From the bitcoin maximalist view, your future net worth will be measured in BTC. So any chance to cheaply acquire more BTC now is an exciting opportunity.

Cost is what you pay, value is what you get

If anything, from the HODLer point of view, it’s a great time to accumulate more while the Mayer Multiple is low.


Fundamentals are virtually unchanged

  • The SEC appears to be cracking down on ICO’s, but not on bitcoin
  • Bitcoin’s development is proceeding rapidly with many new technologies coming in the pipeline (see Rusty’s talk here for an overview)
  • Lightning network is coming online with many people on testnet and mainnet
  • Institutional money is still looking for ways to get into this space once custody and other related issues can be solved
  • Retail investors are just getting started and we’re probably still <5% adoption overall
  • Governments continue to inflate their fiat currencies, and continue to impose capital controls. There is also discussion of banning high denomination cash notes, which also drives people into the arms of cryptocurrencies.

Given the above, why wouldn’t I be bullish?
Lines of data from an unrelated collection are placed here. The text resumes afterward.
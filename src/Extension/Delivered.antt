-- ===== src/Extension/Delivered.antt =====
-- What the network client's callbacks do to the session
-- (addon/extensions/task_force_radio_pipe/src/Voice/VoiceSession.cpp: the callbacks of start;
-- Voice/VoiceNetworkClient.cpp: threadMain).
use task_force_radio_standal.Base.{nat_eq}
use task_force_radio_standal.Base.{
  Option-cases, if_keeps, All, Text, is_empty, text_is_eq, ℕ, ◌≡◌, refl, ◌∙◌, inl, inr, Bool, true,
  false, Option, none, some, List, [], ◌∷◌, ◌++◌,
}
use task_force_radio_standal.Base.Map.{Map, lookup, All-insert, All-erase}
use task_force_radio_standal.Float.{Float}
use task_force_radio_standal.Voice.Source.{Source, new_source, enqueue_opus_frame}
use task_force_radio_standal.Voice.Source.Rendered.{IsFramed, new_source-IsFramed}
use task_force_radio_standal.Voice.Mixer.{Mixer, add_source, remove_source}
use task_force_radio_standal.Voice.Mixer.Kept.{
  AreFramed, Keeps, Keeps-refl, on_source-Keeps, set_states-IsFramed, enqueue_opus_frame-IsFramed,
  trigger_remote_beep-Keeps,
}
use task_force_radio_standal.Voice.Session.{
  TxCacheEntry, Session, key_of_session, on_voice_frame, on_remote_joined, on_remote_left, edge_cue,
  on_radio_tx,
}
use task_force_radio_standal.Voice.Network.{
  Event, voice_frame, remote_joined, remote_left, radio_tx, connection_changed, sent, Client,
}
use task_force_radio_standal.Extension.Threads.{on_event, deliver}
use task_force_radio_standal.Extension.Linked.{IsPlain, IsLinked}

module _ (fl : Float) where
  -- The session fits the client.
  abbrev pub Linked : Client → Session fl → Type 0
  Linked c s = IsLinked fl c.connected c.debug_force_audible s

  add_source-IsLinked :
      (session_id : ℕ) (uid : Text) (m : Mixer fl)
      → ((add_source fl session_id uid m).debug_force_audible ≡ m.debug_force_audible)
        × (AreFramed fl m → AreFramed fl (add_source fl session_id uid m))
  unfolding add_source
  add_source-IsLinked session_id uid m = elim (Option-cases (lookup session_id m.sources)) [
    | inr (source, there) ↦ rw (there, add_source) (refl, λ h. h)
    | inl missing ↦
        let fresh = new_source-IsFramed fl session_id uid in
        let P : ℕ × Source fl → Type 0 = λ e. IsFramed fl e.1 in
        rw (missing, add_source)
          (
            refl,
            λ h.
                All-insert P session_id _ m.sources
                  (if_keeps (IsFramed fl) m.debug_force_audible
                    (λ _. set_states-IsFramed fl _ (new_source fl session_id uid) fresh)
                    (λ _. fresh))
                  h,
          )
  ]

  edge_cue-Keeps :
      (sender : ℕ) (active : Bool) (sub : Text) (o : Option TxCacheEntry) (m : Mixer fl)
      → Keeps fl m (edge_cue fl sender active sub o m)
  unfolding edge_cue
  edge_cue-Keeps sender active sub none m =
      if_keeps (Keeps fl m) active (λ _. trigger_remote_beep-Keeps fl sender sub true m)
        (λ _. Keeps-refl fl m)
  edge_cue-Keeps sender active sub (some entry) m =
      if_keeps (Keeps fl m) active (λ _. Keeps-refl fl m)
        (λ _. trigger_remote_beep-Keeps fl sender entry.info.subtype false m)

  -- A callback while the connection is up.
  pub on_event-IsLinked :
      (forced now_forced : Bool) (now : ℕ) (e : Event) (s : Session fl)
      → IsPlain e
      → IsLinked fl true forced s
      → IsLinked fl true forced (on_event fl now_forced now e s)
  unfolding on_event
  on_event-IsLinked forced f now (voice_frame sender sequence is_last opus) s p h =
      let kept =
        on_source-Keeps fl sender (enqueue_opus_frame fl opus is_last) s.mixer
          (enqueue_opus_frame-IsFramed fl opus is_last) in
      unfold on_voice_frame in (kept.forced ∙ h.0, kept.framed h.1)
  on_event-IsLinked forced f now (remote_joined session_id uid name) s p h =
      let added = add_source-IsLinked session_id uid s.mixer in
      unfold on_remote_joined in (added.0 ∙ h.0, added.1 h.1)
  on_event-IsLinked forced f now (remote_left session_id) s p h =
      unfold on_remote_left remove_source in
      (h.0, All-erase (λ e. IsFramed fl e.1) session_id s.mixer.sources h.1)
  on_event-IsLinked forced f now (radio_tx sender active freq range sub) s p h =
      let kept = edge_cue-Keeps sender active sub (lookup sender s.tx_cache) s.mixer in
      unfold on_radio_tx in
      if_keeps (IsLinked fl true forced) (is_empty (key_of_session sender s.uid_to_session))
        (λ _. h) (λ _. (kept.forced ∙ h.0, kept.framed h.1))
  on_event-IsLinked forced f now (sent bytes) s p h = h
  on_event-IsLinked forced f now (connection_changed connected) s p h = absurd p

  pub deliver-IsLinked :
      (forced now_forced : Bool) (now : ℕ) (events : List Event) (s : Session fl)
      → All IsPlain events
      → IsLinked fl true forced s
      → IsLinked fl true forced (deliver fl now_forced now events s)
  unfolding deliver
  deliver-IsLinked forced f now [] s p h = h
  deliver-IsLinked forced f now (e ∷ events) s p h =
      deliver-IsLinked forced f now events (on_event fl f now e s) p.1
        (on_event-IsLinked forced f now e s p.0 h)

  pub deliver-append :
      (f : Bool) (now : ℕ) (xs ys : List Event) (s : Session fl)
      → deliver fl f now (xs ++ ys) s ≡ deliver fl f now ys (deliver fl f now xs s)
  unfolding deliver
  deliver-append f now [] ys s = refl
  deliver-append f now (x ∷ xs) ys s = deliver-append f now xs ys (on_event fl f now x s)

  none_unframed : (sources : Map ℕ (Source fl)) → sources ≡ [] → All (λ e. IsFramed fl e.1) sources
  none_unframed [] h = tt
  none_unframed (e ∷ sources) h = cc

  pub IsLinked-framed :
      (connected forced : Bool) (s : Session fl)
      → IsLinked fl connected forced s
      → AreFramed fl s.mixer
  IsLinked-framed true forced s h = h.1
  IsLinked-framed false forced s h = none_unframed s.mixer.sources h.1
Coinbase creates an index fund

Today, Coinbase announced a new index fund tracking digital assets listed on the Coinbase exchange, GDAX. It is limited to US accredited investors only, which does reduce the number of people who are able to participate.

Judging from Coinbase index info here, the initial breakdown will be as follows:


Bright side

So what does this mean for us? On the bright side, this move will increase the availability of investing in bitcoin. There will be many richer people who might have a passing interest in getting some small level of exposure to crypto/digital assets, and don’t want to spend the time learning to hold their own private keys etc. This fund is probably easier for them to buy – so it does mean more money can flow into bitcoin.

Down side

On the down side, it is pushing what I believe to be an incorrect narrative. This idea that “we should diversify across crypto assets” strikes me as a category error. It is treating Ethereum, Bitcoin Cash (BCash), and Litecoin like they are a good way to diversify instead of holding one sound money, Bitcoin.

What happens in practice is:

  • They’re not really that uncorrelated to each other.
  • All altcoins live in the wake of Bitcoin and basically ride its coat tails.
  • There is an opportunity cost to holding more ETH, BCH and LTC: You could have otherwise held more BTC.

That said, I understand that Coinbase are not a company operating under a bitcoin maximalist ethos.


On net, this is good for bitcoin in that it helps draw in more investors. But it does unfortunately push a belief or narrative that I disagree with, and I believe it will ultimately be harmful if this narrative is kept alive for too long. In the end, people will be driven by their own greed and price signals towards bitcoin and away from the others. The cream will rise to the top eventually.

For the meantime, it will be: Play stupid games, win stupid prizes.

Video breakdown of article “The Blockchain Pipe Dream” by Nouriel Roubini and Preston Byrne

Article link – The Blockchain Pipe Dream

In short: Nouriel and Preston are tarring the entire space with one brush. They’re correct that there’s a lot of overhyped products in the “blockchain technology space”. However, also not  correctly distinguishing why bitcoin exists as sound money to replace central banking and government control over money.